Ближе к вечеру. Ходили до обеда к церкви, устали. Вернулись, готовить обед. Обедали. Я снова лежал. Нехорошо записывать свое состояние, зачем? Дочь тянет купаться, остерегусь. Остались без молока.

 

15 июня. Самое страшное, бывшее за эти два дня, — это военный самолет. Мы шли из Карпова, и вдруг я обернулся на Катю — огромная тяжелая тень неслась на нее. “Катя!” И этот ужас, железный вой, свист настиг тут же. Так низко промчался самолет, так был завален набок в развороте, так дымил, что и Кате и мне показалось — врежется. Стая воронов взлетела, и когда грохот затих, было слышно, как они кричат и падают замертво. И еще: когда мы хотели идти уже от дачи на пруд, этот самолет, со своим длинным носом стервятника, со своим воем, лязгом и дымом, пронесся обратно. Катя, видно, тоже записывает про самолет, спросила: “На какой высоте летел?”

 

Говорили о том, что солнце остынет. Катя рассказала анекдот: внук сказал: “Бабушка, солнце погаснет через 20 миллиардов лет”. — “Через сколько?” — “20 миллиардов!” — “Ох, а я напугалась, я думала, что через 20 миллионов”.

Все равно жалко: неужели это небо будет черным? И пустыни на Луне будут в темноте. И не будет зеленых деревьев? Жалко. Ведь кажется ребенку, что он не умрет, а приходит время — и он старик.

 

16 июня. Уж сколько раз я был на подступах к роману-завещанию. И надо, и нечего. Этот год — год первых его страниц. С Богом!

 

3 июля. Лето. Выехали первого июля. Вчера, в субботу, были в Керчи, оттуда через переправу и дальше, сюда, в Кучугуры. Перед отъездом за час звонил Козлов и просил приехать. Я вызвал ему “Скорую помощь” и еще врача из Худфонда. И Надя поехала к нему после нас. Сегодня был в Темрюке, звонил — Козлов умер.

Вот так все обрушилось.

Нет ничего. Вчера ночью на море, и луна “огромней в сто раз”. Катя плакала — тоскливо, сегодня втягивается, появились подружки, о письме в Москву приходится напоминать. Это ладно.

Не в радость ничего.

Козлов умер. Сунулся думать: ведь надо писать о нем, не смогу. Я так все заторможенно принимаю и тут после звонка еще смотрел на Темрюк: ведь впервые в нем, еще по инерции вежливости, сказал о забавном названии магазина “Рацион”, еще думал, нельзя же всего записывать о городе, что даже Лермонтов зря написал: “Тамань — самый скверный” и т. д., но это Лермонтов, и не Тамань скверная, а то, что в ней героя обокрали и чуть не утопили. И вот Темрюк, который недалеко от Тамани... такая глупость моталась, и вдруг заметил, что стал замечать плохое и беду. Я всегда замечаю вперед слезы, чем смех, но тут новое место и понимание того, что оно кому-то родина. Старик с палочкой в плаще на такой жаре, просит, через полчаса он берет пива, и какая-то сволочь с пузом в майке говорит на это: “Все по-русски”.

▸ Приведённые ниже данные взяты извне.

-- ===== src/Chat.antt =====
-- src/modules/chat: the messages of two people who matched.
pub mod Types
pub mod Repository
pub mod Service
mod Tests
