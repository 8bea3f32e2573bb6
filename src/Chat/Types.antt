-- ===== src/Chat/Types.antt =====
-- The tables of src/modules/database/schema.ts that src/modules/chat/chat.repository.ts reads and
-- writes, without the list of rooms. An id is the number that its 128 bits write.
use chattea_be.Prelude.{ℕ, Option, List}
use chattea_be.Prelude.Text.{Text}
use chattea_be.Notification.{NotifyRequest}

pub record Room : Type 0 where
  pub id : ℕ
  pub updated_at : ℕ

pub record RoomMember : Type 0 where
  pub room_id : ℕ
  pub user_id : ℕ

pub record Message : Type 0 where
  pub id : ℕ
  pub room_id : ℕ
  pub sender_user_id : Option ℕ
  pub text : Text
  pub idempotency_key : Option Text
  pub deleted_at : Option ℕ
  pub created_at : ℕ

pub record ReadReceipt : Type 0 where
  pub room_id : ℕ
  pub user_id : ℕ
  pub last_read_message_id : Option ℕ
  pub read_at : ℕ

pub record UserBlock : Type 0 where
  pub blocker_user_id : ℕ
  pub blocked_user_id : ℕ

pub record MessageReport : Type 0 where
  pub message_id : ℕ
  pub reporter_user_id : ℕ
  pub reason : Text

pub data EventType : Type 0 where
  added edited deleted : EventType

-- The tables, what was published to subscribers, and what was asked of the notification service.
pub record ChatDb : Type 0 where
  pub rooms : List Room
  pub room_members : List RoomMember
  pub messages : List Message
  pub receipts : List ReadReceipt
  pub blocks : List UserBlock
  pub reports : List MessageReport
  pub events : List (EventType × Message)
  pub notices : List NotifyRequest

pub data ChatError : Type 0 where
  room_id_invalid user_id_invalid message_id_invalid not_a_member : ChatError
  message_page_size_invalid message_cursor_invalid : ChatError
  message_text_required message_text_too_long first_message_text_too_long : ChatError
  idempotency_key_invalid idempotency_key_too_long idempotency_key_already_used : ChatError
  message_create_failed message_not_found message_not_found_or_forbidden : ChatError
  block_self_not_allowed report_reason_required report_reason_too_long : ChatError
  check_violation : ChatError
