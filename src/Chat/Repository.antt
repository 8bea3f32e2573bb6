-- ===== src/Chat/Repository.antt =====
-- src/modules/chat/chat.repository.ts, without the query of rooms. `now` is the clock of the
-- database.
pub mod Marker
use chattea_be.Prelude.{
  ℕ, Bool, true, false, not, ◌&&◌, ◌||◌, Option, none, some, List, [], ◌∷◌, ◌++◌, ltb, ◌==◌,
  if◌then◌else◌, find?, any, count, select, update_where, take, map, is_some, get_or,
}
use chattea_be.Prelude.Text.{Text, text_eq}
use chattea_be.Prelude.Action.{Action, pure, gets, transaction, modify, ◌>>=◌, throw_if, ◌>>◌}
use chattea_be.Chat.Types.{
  Room, RoomMember, Message, ReadReceipt, UserBlock, MessageReport, ChatDb, ChatError,
  check_violation,
}

abbrev pub Chat : Type 0 → Type 0
Chat A = Action ChatError ChatDb A

abbrev pub is_live : Message → Bool
is_live m = not (is_some m.deleted_at)

abbrev pub is_of_room : ℕ → Message → Bool
is_of_room room m = m.room_id == room && is_live m

abbrev pub is_by : ℕ → Message → Bool
is_by user m = elim m.sender_user_id [ none ↦ false | some u ↦ u == user ]

unfoldable pub find_message_cursor : ℕ → ℕ → Chat (Option Message)
find_message_cursor id room = gets (λ db. find? (λ m. m.id == id && is_of_room room m) db.messages)

abbrev pub is_member : ℕ → ℕ → RoomMember → Bool
is_member room user m = m.room_id == room && m.user_id == user

abbrev pub is_room_member : ℕ → ℕ → Chat Bool
is_room_member room user = gets (λ db. any (is_member room user) db.room_members)

abbrev pub other_room_member_ids : ℕ → ℕ → Chat (List ℕ)
other_room_member_ids room user = gets (λ db.
    map (λ m. m.user_id)
      (select (λ m. m.room_id == room && not (m.user_id == user)) db.room_members))

-- (createdAt, id) of one message before that of another
abbrev pub is_before : Message → Message → Bool
is_before a b = ltb a.created_at b.created_at || (a.created_at == b.created_at && ltb a.id b.id)

pub insert_message : (Message → Message → Bool) → Message → List Message → List Message
insert_message before m [] = m ∷ []
insert_message before m (n ∷ ns) = if before n m then n ∷ insert_message before m ns else m ∷ n ∷ ns

pub sort_messages : (Message → Message → Bool) → List Message → List Message
sort_messages before [] = []
sort_messages before (m ∷ ms) = insert_message before m (sort_messages before ms)

pub reverse_messages : List Message → List Message
reverse_messages [] = []
reverse_messages (m ∷ ms) = reverse_messages ms ++ m ∷ []

-- A page after a message, before one, or the latest.
pub data Cursor : Type 0 where
  after_message before_message : ℕ → Cursor
  latest : Cursor

-- The message of a cursor; against none, every comparison is null.
abbrev pub compares : (Message → Message → Bool) → Option Message → Message → Bool
compares order none m = false
compares order (some c) m = order c m

unfoldable pub messages : ℕ → ℕ → Cursor → Chat (List Message)
messages room limit (after_message id) = do
  cursor ← find_message_cursor id room
  gets λ db. take limit (
      sort_messages is_before
        (select (λ m. is_of_room room m && compares is_before cursor m) db.messages))
messages room limit (before_message id) = do
  cursor ← find_message_cursor id room
  gets λ db. reverse_messages (
      take limit (
        sort_messages (λ a b. is_before b a)
          (select (λ m. is_of_room room m && compares (λ c m. is_before m c) cursor m)
            db.messages)))
messages room limit latest = gets λ db.
    reverse_messages
      (take limit (sort_messages (λ a b. is_before b a) (select (is_of_room room) db.messages)))

-- ORDER BY "createdAt" DESC, id DESC LIMIT 1
unfoldable pub last_message : ℕ → List Message → Option Message
last_message room [] = none
last_message room (m ∷ ms) =
    let later = last_message room ms in
    if is_of_room room m
    then some (elim later [ none ↦ m | some n ↦ if is_before n m then m else n ])
    else later

abbrev pub is_receipt_of : ℕ → ℕ → ReadReceipt → Bool
is_receipt_of room user r = r.room_id == room && r.user_id == user

-- The WHERE of the update: the message is after what was read.
abbrev pub is_later : Message → ReadReceipt → Bool
is_later m r =
    ltb r.read_at m.created_at
    || (m.created_at == r.read_at
        && elim r.last_read_message_id [ none ↦ false | some id ↦ ltb id m.id ])

abbrev pub read_up_to : Message → ReadReceipt → ReadReceipt
read_up_to m r = record r { last_read_message_id = some m.id; read_at = m.created_at }

unfoldable pub mark_receipts : ℕ → ℕ → Option Message → List ReadReceipt → List ReadReceipt
mark_receipts room user none rs = rs
mark_receipts room user (some m) rs =
    if any (is_receipt_of room user) rs
    then update_where (λ r. is_receipt_of room user r && is_later m r) (read_up_to m) rs
    else rs
      ++ record {
        room_id = room;
        user_id = user;
        last_read_message_id = some m.id;
        read_at = m.created_at;
      }
        ∷ []

unfoldable pub mark_room_read : ℕ → ℕ → Chat Unit
mark_room_read room user = modify (λ db. record db {
  receipts = mark_receipts room user (last_message room db.messages) db.receipts;
})

abbrev pub has_key : Text → ℕ → ℕ → Message → Bool
has_key key room user m =
    elim m.idempotency_key [ none ↦ false | some k ↦ text_eq k key ]
    && m.room_id == room
    && is_by user m

abbrev pub find_message_by_idempotency_key : Text → ℕ → ℕ → Chat (Option Message)
find_message_by_idempotency_key key room user =
    gets (λ db. find? (has_key key room user) db.messages)

abbrev pub active_message_count : ℕ → Chat ℕ
active_message_count room = gets (λ db. count (is_of_room room) db.messages)

unfoldable pub touch_room : ℕ → ℕ → Chat Unit
touch_room room now = modify (λ db. record db {
  rooms = update_where (λ r. r.id == room) (λ r. record r { updated_at = now }) db.rooms;
})

pub record MessageInput : Type 0 where
  pub room_id : ℕ
  pub sender_user_id : ℕ
  pub text : Text
  pub idempotency_key : Option Text

pub record Created : Type 0 where
  pub message : Option Message
  pub created : Bool

abbrev pub new_message : ℕ → ℕ → MessageInput → Message
new_message id now input = record {
  id = id;
  room_id = input.room_id;
  sender_user_id = some input.sender_user_id;
  text = input.text;
  idempotency_key = input.idempotency_key;
  deleted_at = none;
  created_at = now;
}

-- What has the key of a message, if it has one.
abbrev pub with_key : MessageInput → List Message → Option Message
with_key input ms = elim input.idempotency_key [
  | none ↦ none
  | some key ↦ find? (has_key key input.room_id input.sender_user_id) ms
]

unfoldable pub create_message : ℕ → ℕ → MessageInput → Chat Created
create_message id now input = transaction do
  replayed ← gets (λ db. with_key input db.messages)
  if is_some replayed then pure (record { message = replayed; created = false }) else do
    modify (λ db. record db { messages = db.messages ++ new_message id now input ∷ [] })
    touch_room input.room_id now
    pure (record { message = some (new_message id now input); created = true })

abbrev pub is_own : ℕ → ℕ → Message → Bool
is_own id user m = m.id == id && is_by user m && is_live m

-- The row as it was written.
abbrev pub changed : (Message → Message) → Option Message → Option Message
changed f none = none
changed f (some m) = some (f m)

unfoldable pub edit_message : ℕ → ℕ → ℕ → Text → Chat (Option Message)
edit_message now id user text = do
  found ← gets (λ db. find? (is_own id user) db.messages)
  modify (λ db. record db {
    messages = update_where (is_own id user) (λ m. record m { text = text }) db.messages;
  })
  elim found [
    | none ↦ pure none
    | some m ↦ (do touch_room m.room_id now; pure (some (record m { text = text })))
  ]

unfoldable pub delete_message : ℕ → ℕ → ℕ → Chat (Option Message)
delete_message now id user = do
  found ← gets (λ db. find? (is_own id user) db.messages)
  modify (λ db. record db {
    messages = update_where (is_own id user) (λ m. record m { deleted_at = some now }) db.messages;
  })
  pure (changed (λ m. record m { deleted_at = some now }) found)

-- The table's check is made before the conflict is looked for.
unfoldable pub block_user : ℕ → ℕ → Chat Unit
block_user blocker blocked = do
  throw_if (blocker == blocked) check_violation
  modify λ db. record db {
    blocks =
        if any (λ b. b.blocker_user_id == blocker && b.blocked_user_id == blocked) db.blocks
        then db.blocks
        else db.blocks ++ record { blocker_user_id = blocker; blocked_user_id = blocked } ∷ [];
  }

abbrev pub is_report : ℕ → ℕ → MessageReport → Bool
is_report reporter message r = r.message_id == message && r.reporter_user_id == reporter

-- The message is in a room of the reporter.
abbrev pub can_report : ℕ → ℕ → ChatDb → Bool
can_report reporter message db =
    any (λ m. m.id == message && is_live m && any (is_member m.room_id reporter) db.room_members)
      db.messages

unfoldable pub report_message : ℕ → ℕ → Text → Chat Bool
report_message reporter message reason = do
  allowed ← gets (can_report reporter message)
  if not allowed then pure false else do
    modify λ db. record db {
      reports =
          if any (is_report reporter message) db.reports
          then update_where (is_report reporter message) (λ r. record r { reason = reason })
              db.reports
          else db.reports
            ++ record { message_id = message; reporter_user_id = reporter; reason = reason } ∷ [];
    }
    pure true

Все по-советски, поправляю я. Козлов умер. У нас его одна, две, пять картин — две наши, три просто.

Собака ощенилась под помостом автовокзала, палкой выгребают щенков и увозят охранять дома.

Здесь Мальва — злющая плюгавая сучка, как только доедает кусок московской колбасы, лает тут же на тебя же еще злобнее. Это так, так — лают на трусов.

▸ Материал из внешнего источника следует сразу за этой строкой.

-- ===== src/Chat/Repository/Marker.antt =====
-- The read markers of src/modules/chat/chat.repository.ts.
use chattea_be.Prelude.{
  ℕ, ◌≡◌, refl, Bool, true, false, not, ◌&&◌, ◌||◌, Option, none, some, List, [], ◌∷◌, arith, ltb,
  ◌==◌, if◌then◌else◌, find?, any, map, update_where, Bool-cases, inl, inr, any-of_find?,
  find?-snoc,
}
use chattea_be.Chat.Types.{Message, ReadReceipt, ChatDb}
use chattea_be.Chat.Repository.{
  is_receipt_of, is_later, read_up_to, mark_receipts, mark_room_read, last_message,
}

-- The second marker is at the first or beyond it: by the time of the message, then by its id. A
-- marker whose message is gone stands behind every message of its time.
abbrev pub is_at_least : ReadReceipt → ReadReceipt → Bool
is_at_least r s =
    ltb r.read_at s.read_at
    || (r.read_at == s.read_at && elim s.last_read_message_id [
      | none ↦ true
      | some b ↦ elim r.last_read_message_id [ none ↦ false | some a ↦ not (ltb b a) ]
    ])

pub is_at_least_refl : (r : ReadReceipt) → is_at_least r r ≡ true
is_at_least_refl r = ground arith

pub is_at_least_trans :
    (r s t : ReadReceipt) → is_at_least r s ≡ true → is_at_least s t ≡ true → is_at_least r t ≡ true
is_at_least_trans r s t h k = ground arith

module _ (room user : ℕ) where
  abbrev pub marker : List ReadReceipt → Option ReadReceipt
  marker rs = find? (is_receipt_of room user) rs

  -- The marker is still there, and not before where it was.
  pub record Kept (r : ReadReceipt) (rs : List ReadReceipt) : Type 0 where
    pub receipt : ReadReceipt
    pub is_there : marker rs ≡ some receipt
    pub is_kept : is_at_least r receipt ≡ true

  marker-update :
      (room' user' : ℕ) (m : Message) (rs : List ReadReceipt) (r : ReadReceipt)
      → marker rs ≡ some r
      → let p : ReadReceipt → Bool = λ s. is_receipt_of room' user' s && is_later m s in
        marker (update_where p (read_up_to m) rs) ≡ some (if p r then read_up_to m r else r)
  unfolding find? update_where
  marker-update room' user' m [] r h = ground arith
  marker-update room' user' m (s ∷ rs) r h = ground (arith, marker-update room' user' m rs r)

  marker_moves_on :
      (m : Message) (p : Bool) (r : ReadReceipt)
      → (p ≡ true → is_later m r ≡ true)
      → is_at_least r (if p then read_up_to m r else r) ≡ true
  marker_moves_on m true r h = ground (arith, h refl)
  marker_moves_on m false r h = is_at_least_refl r

  Kept-mark_receipts :
      (room' user' : ℕ) (m : Option Message) (rs : List ReadReceipt) (r : ReadReceipt)
      → marker rs ≡ some r
      → Kept r (mark_receipts room' user' m rs)
  unfolding mark_receipts
  Kept-mark_receipts room' user' none rs r h = record {
    receipt = r;
    is_there = h;
    is_kept = is_at_least_refl r;
  }
  Kept-mark_receipts room' user' (some m) rs r h =
      elim (Bool-cases (any (is_receipt_of room' user') rs)) [
        | inl e ↦ rw (e) (record {
          receipt = if is_receipt_of room' user' r && is_later m r then read_up_to m r else r;
          is_there = marker-update room' user' m rs r h;
          is_kept =
              marker_moves_on m (is_receipt_of room' user' r && is_later m r) r (λ k. ground arith);
        })
        | inr e ↦ rw (e) (record {
          receipt = r;
          is_there = ground (
            arith,
            any-of_find? (is_receipt_of room user) rs r h,
            find?-snoc (is_receipt_of room user) rs (record {
              room_id = room';
              user_id = user';
              last_read_message_id = some m.id;
              read_at = m.created_at;
            }),
          );
          is_kept = is_at_least_refl r;
        })
      ]

  Kept-trans :
      (r s : ReadReceipt) (rs : List ReadReceipt) → is_at_least r s ≡ true → Kept s rs → Kept r rs
  Kept-trans r s rs h k = record {
    receipt = k.receipt;
    is_there = k.is_there;
    is_kept = is_at_least_trans r s k.receipt h k.is_kept;
  }

-- The key of "lastReadMessageId" sets the column to null when the message is deleted.
abbrev pub without_message : List Message → ReadReceipt → ReadReceipt
without_message ms r = elim r.last_read_message_id [
  | none ↦ r
  | some id ↦ if any (λ m. m.id == id) ms then r else record r { last_read_message_id = none }
]

abbrev pub replace_messages : List Message → ChatDb → ChatDb
replace_messages ms db = record db {
  messages = ms;
  receipts = map (without_message ms) db.receipts;
}

without_message-is_at_least :
    (ms : List Message) (r : ReadReceipt) → is_at_least r (without_message ms r) ≡ true
without_message-is_at_least ms r = ground arith

marker-map :
    (room user : ℕ) (ms : List Message) (rs : List ReadReceipt) (r : ReadReceipt)
    → marker room user rs ≡ some r
    → marker room user (map (without_message ms) rs) ≡ some (without_message ms r)
unfolding find?
marker-map room user ms [] r h = ground arith
marker-map room user ms (s ∷ rs) r h = ground (arith, marker-map room user ms rs r)

-- A call, with the messages that the table has when it comes.
pub record ReadCall : Type 0 where
  pub room_id : ℕ
  pub user_id : ℕ
  pub messages : List Message

abbrev pub mark_all : List ReadCall → ChatDb → ChatDb
mark_all [] db = db
mark_all (c ∷ cs) db =
    mark_all cs (mark_room_read c.room_id c.user_id (replace_messages c.messages db)).1

-- However messages are sent and deleted between the calls, also the message of a marker, which the
-- marker then loses, and in whatever order the members of whatever rooms mark them as read, the
-- marker of a member who has one stays or moves on, and never goes back.
pub marker_never_goes_back :
    (room user : ℕ) (calls : List ReadCall) (db : ChatDb) (r : ReadReceipt)
    → marker room user db.receipts ≡ some r
    → Kept room user r (mark_all calls db).receipts
unfolding mark_room_read
marker_never_goes_back room user [] db r h = record {
  receipt = r;
  is_there = h;
  is_kept = is_at_least_refl r;
}
marker_never_goes_back room user (c ∷ cs) db r h =
    let last = last_message c.room_id c.messages in
    let left : List ReadReceipt = map (without_message c.messages) db.receipts in
    let after : List ReadReceipt = mark_receipts c.room_id c.user_id last left in
    let r' : ReadReceipt = without_message c.messages r in
    let first : Kept room user r after =
      Kept-trans room user r r' after (without_message-is_at_least c.messages r) (
        Kept-mark_receipts room user c.room_id c.user_id last left r'
          (marker-map room user c.messages db.receipts r h)) in
    Kept-trans room user r first.receipt _ first.is_kept (
      marker_never_goes_back room user cs (record db { messages = c.messages; receipts = after })
        first.receipt first.is_there)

Почему я не записал о последнем разговоре с Козловым? Он кашлял страшно, принимал какое-то венгерское лекарство, весь в лекарствах кругом, замученная сестра, что-то требующий сын, разговоры о кооперативе, Вятке (родители из-под Котельнича); но, главное, говорили о картинах. Как его подстрекали на разные темы, то пугая, то занося хвосты, то покупая. Когда прошли фильмы о нем — зарубежные и наши — и выставки последнего времени, и поправился денежно — сколько насылалось в “бескорыстные жены”. Какие Эсфири и Юдифи!

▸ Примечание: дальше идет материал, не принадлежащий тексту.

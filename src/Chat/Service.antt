-- ===== src/Chat/Service.antt =====
-- src/modules/chat/chat.service.ts, without the list of rooms. Subscribers and the notification
-- service are lists of what they were told: the code does not wait for a notification to succeed.
-- `id` is the random id of a new message.
pub mod Replay
pub mod Author
use chattea_be.Prelude.{
  ℕ, Bool, true, false, not, ◌&&◌, ◌||◌, Option, none, some, List, [], ◌∷◌, ◌++◌, min, ltb, ◌==◌,
  if◌then◌else◌, take, map, length, is_some, get_or,
}
use chattea_be.Prelude.Text.{Text, codes, text_eq, trim}
use chattea_be.Prelude.Action.{
  Result, ok, err, pure, throw, modify, ◌>>=◌, ◌>>◌, throw_if, or_throw,
}
use chattea_be.Postgres.{UuidText}
use chattea_be.Uuid.{is_uuid}
use chattea_be.Notification.{NotifyRequest, message}
use chattea_be.Chat.Types.{
  Message, EventType, added, edited, deleted, ChatDb, ChatError, room_id_invalid, user_id_invalid,
  message_id_invalid, not_a_member, message_page_size_invalid, message_cursor_invalid,
  message_text_required, message_text_too_long, first_message_text_too_long,
  idempotency_key_invalid, idempotency_key_too_long, idempotency_key_already_used,
  message_create_failed, message_not_found, message_not_found_or_forbidden, block_self_not_allowed,
  report_reason_required, report_reason_too_long,
}
use chattea_be.Chat.Repository.{
  Chat, find_message_cursor, is_room_member, other_room_member_ids, Cursor, after_message,
  before_message, latest, messages, mark_room_read, find_message_by_idempotency_key,
  active_message_count, MessageInput, Created, create_message, edit_message, delete_message,
  block_user, report_message,
}

-- A trimmed text that is not empty and not too long.
abbrev pub validate_length : ℕ → ChatError → ChatError → Text → Result ChatError Text
validate_length limit required too_long input =
    if text_eq (trim input) []
    then err required
    else if ltb limit (length (trim input))
    then err too_long
    else ok (trim input)

abbrev pub validate_text : Text → Chat Text
validate_text input db = (validate_length 90 message_text_required message_text_too_long input, db)

abbrev pub validate_report_reason : Text → Chat Text
validate_report_reason input db =
    (validate_length 120 report_reason_required report_reason_too_long input, db)

unfoldable pub validate_idempotency_key : Option Text → Chat (Option Text)
validate_idempotency_key none db = (ok none, db)
validate_idempotency_key (some input) db =
    elim (validate_length 128 idempotency_key_invalid idempotency_key_too_long input) [
      | ok key ↦ (ok (some key), db)
      | err e ↦ (err e, db)
    ]

abbrev pub validate_uuid : Text → ChatError → Chat Unit
validate_uuid input error = throw_if (not (is_uuid input)) error

abbrev pub publish : EventType → Message → Chat Unit
publish type m = modify (λ db. record db { events = db.events ++ (type, m) ∷ [] })

pub record SendInput : Type 0 where
  pub room_id : Text
  pub text : Text
  pub idempotency_key : Option Text

pub record PageInput : Type 0 where
  pub room_id : Text
  pub first : Option ℕ
  pub after : Option Text
  pub before : Option Text

-- An empty text counts as none.
abbrev pub given : Option Text → Option Text
given none = none
given (some t) = if text_eq t [] then none else some t

module _ (pg : UuidText) where
  open pg use {uuid_in, uuid_out}

  unfoldable pub require_room_member : Text → Text → Chat Unit
  require_room_member room_id user_id = do
    member ← is_room_member (uuid_in room_id) (uuid_in user_id)
    throw_if (not member) not_a_member

  unfoldable pub assert_room_member : Text → Text → Chat Unit
  assert_room_member room_id user_id = do
    validate_uuid room_id room_id_invalid
    require_room_member room_id user_id

  unfoldable pub find_cursor : Text → Option Text → Chat (Option ℕ)
  find_cursor room_id none = pure none
  find_cursor room_id (some id) = do
    validate_uuid id message_cursor_invalid
    found ← find_message_cursor (uuid_in id) (uuid_in room_id)
    cursor ← or_throw found message_cursor_invalid
    pure (some cursor.id)

  abbrev pub cursor_of : Option Text → Option ℕ → Cursor
  cursor_of after none = latest
  cursor_of after (some id) = if is_some after then after_message id else before_message id

  abbrev pub first_of : Option Text → Option Text → Option Text
  first_of none b = b
  first_of (some a) b = some a

  unfoldable pub service_messages : Text → PageInput → Chat (List Message)
  service_messages user_id input = do
    assert_room_member input.room_id user_id
    throw_if (min (get_or input.first 50) 100 == 0) message_page_size_invalid
    throw_if (is_some (given input.after) && is_some (given input.before)) message_cursor_invalid
    cursor ← find_cursor input.room_id (first_of (given input.after) (given input.before))
    messages (uuid_in input.room_id) (min (get_or input.first 50) 100)
        (cursor_of (given input.after) cursor)

  abbrev pub message_notice : Text → Text → Message → ℕ → NotifyRequest
  message_notice room_id text m recipient = record {
    user_id = uuid_out recipient;
    type = message;
    title = codes "새 메시지가 도착했어요";
    body = take 60 text;
    route = some (codes "/rooms/" ++ room_id);
    source_id = some (uuid_out m.id);
  }

  unfoldable pub notify_members : Text → Text → Text → Message → Chat Unit
  notify_members room_id user_id text m = do
    recipients ← other_room_member_ids (uuid_in room_id) (uuid_in user_id)
    modify
        (λ db. record db { notices = db.notices ++ map (message_notice room_id text m) recipients })

  unfoldable pub announce : Text → Text → Text → Created → Message → Chat Message
  announce room_id user_id text result m =
      if result.created
      then (do publish added m; notify_members room_id user_id text m; pure m)
      else pure m

  -- A message that the key has already made.
  abbrev pub existing_for : Option Text → ℕ → ℕ → Chat (Option Message)
  existing_for none room user = pure none
  existing_for (some key) room user = find_message_by_idempotency_key key room user

  unfoldable pub send_new : ℕ → ℕ → Text → Text → Text → Option Text → Chat Message
  send_new id now user_id room_id text key = do
    active ← active_message_count (uuid_in room_id)
    throw_if (active == 0 && ltb 30 (length text)) first_message_text_too_long
    result ← create_message id now (record {
      room_id = uuid_in room_id;
      sender_user_id = uuid_in user_id;
      text = text;
      idempotency_key = key;
    })
    m ← or_throw result.message message_create_failed
    throw_if (is_some m.deleted_at) idempotency_key_already_used
    announce room_id user_id text result m

  unfoldable pub send_message : ℕ → ℕ → Text → SendInput → Chat Message
  send_message id now user_id input = do
    text ← validate_text input.text
    validate_uuid input.room_id room_id_invalid
    require_room_member input.room_id user_id
    key ← validate_idempotency_key input.idempotency_key
    existing ← existing_for key (uuid_in input.room_id) (uuid_in user_id)
    elim existing [
      | some m ↦ (do throw_if (is_some m.deleted_at) idempotency_key_already_used; pure m)
      | none ↦ send_new id now user_id input.room_id text key
    ]

  unfoldable pub service_edit : ℕ → Text → Text → Text → Chat Message
  service_edit now user_id message_id input = do
    validate_uuid message_id message_id_invalid
    text ← validate_text input
    found ← edit_message now (uuid_in message_id) (uuid_in user_id) text
    m ← or_throw found message_not_found
    publish edited m
    pure m

  unfoldable pub publish_deleted : Option Message → Chat Bool
  publish_deleted none = pure false
  publish_deleted (some m) = do publish deleted m; pure true

  unfoldable pub service_delete : ℕ → Text → Text → Chat Bool
  service_delete now user_id message_id = do
    validate_uuid message_id message_id_invalid
    found ← delete_message now (uuid_in message_id) (uuid_in user_id)
    publish_deleted found

  unfoldable pub service_mark_read : Text → Text → Chat Bool
  service_mark_read user_id room_id = do
    assert_room_member room_id user_id
    mark_room_read (uuid_in room_id) (uuid_in user_id)
    pure true

  -- The two ids are compared as texts.
  unfoldable pub service_block : Text → Text → Chat Bool
  service_block blocker blocked = do
    validate_uuid blocker user_id_invalid
    validate_uuid blocked user_id_invalid
    throw_if (text_eq blocker blocked) block_self_not_allowed
    block_user (uuid_in blocker) (uuid_in blocked)
    pure true

  unfoldable pub service_report : Text → Text → Text → Chat Bool
  service_report reporter message_id reason = do
    validate_uuid reporter user_id_invalid
    validate_uuid message_id message_id_invalid
    text ← validate_report_reason reason
    reported ← report_message (uuid_in reporter) (uuid_in message_id) text
    throw_if (not reported) message_not_found_or_forbidden
    pure true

На ту пятницу (на день отъезда) снилось плохое. Крысы.

Ехали с Катей больше суток в поезде. До одури наигрались в карты, и всё был в дураках. В Крыму много маков в степи. Здесь и того лучше — красные маки во ржи. Это не васильки, но одно другого стоит. Играют так же до одури в “козла”. Пьют на такой жаре, конечно, водку, поют тоже на жаре: “Ой, мороз, мороз”. Поют плохо, но обязательно какая-либо женщина выносит высоко и чисто.

Окно не открой — мухи, духота страшная. Круглосуточно злобно лает Мальва, также круглосуточно трещат мопеды пацанов. Колорадский жук на зелени.

 

Еще говорили с Козловым о национальном, о том, что:

— Надо писать по-русски, видеть русские мучения. Это единственная борьба.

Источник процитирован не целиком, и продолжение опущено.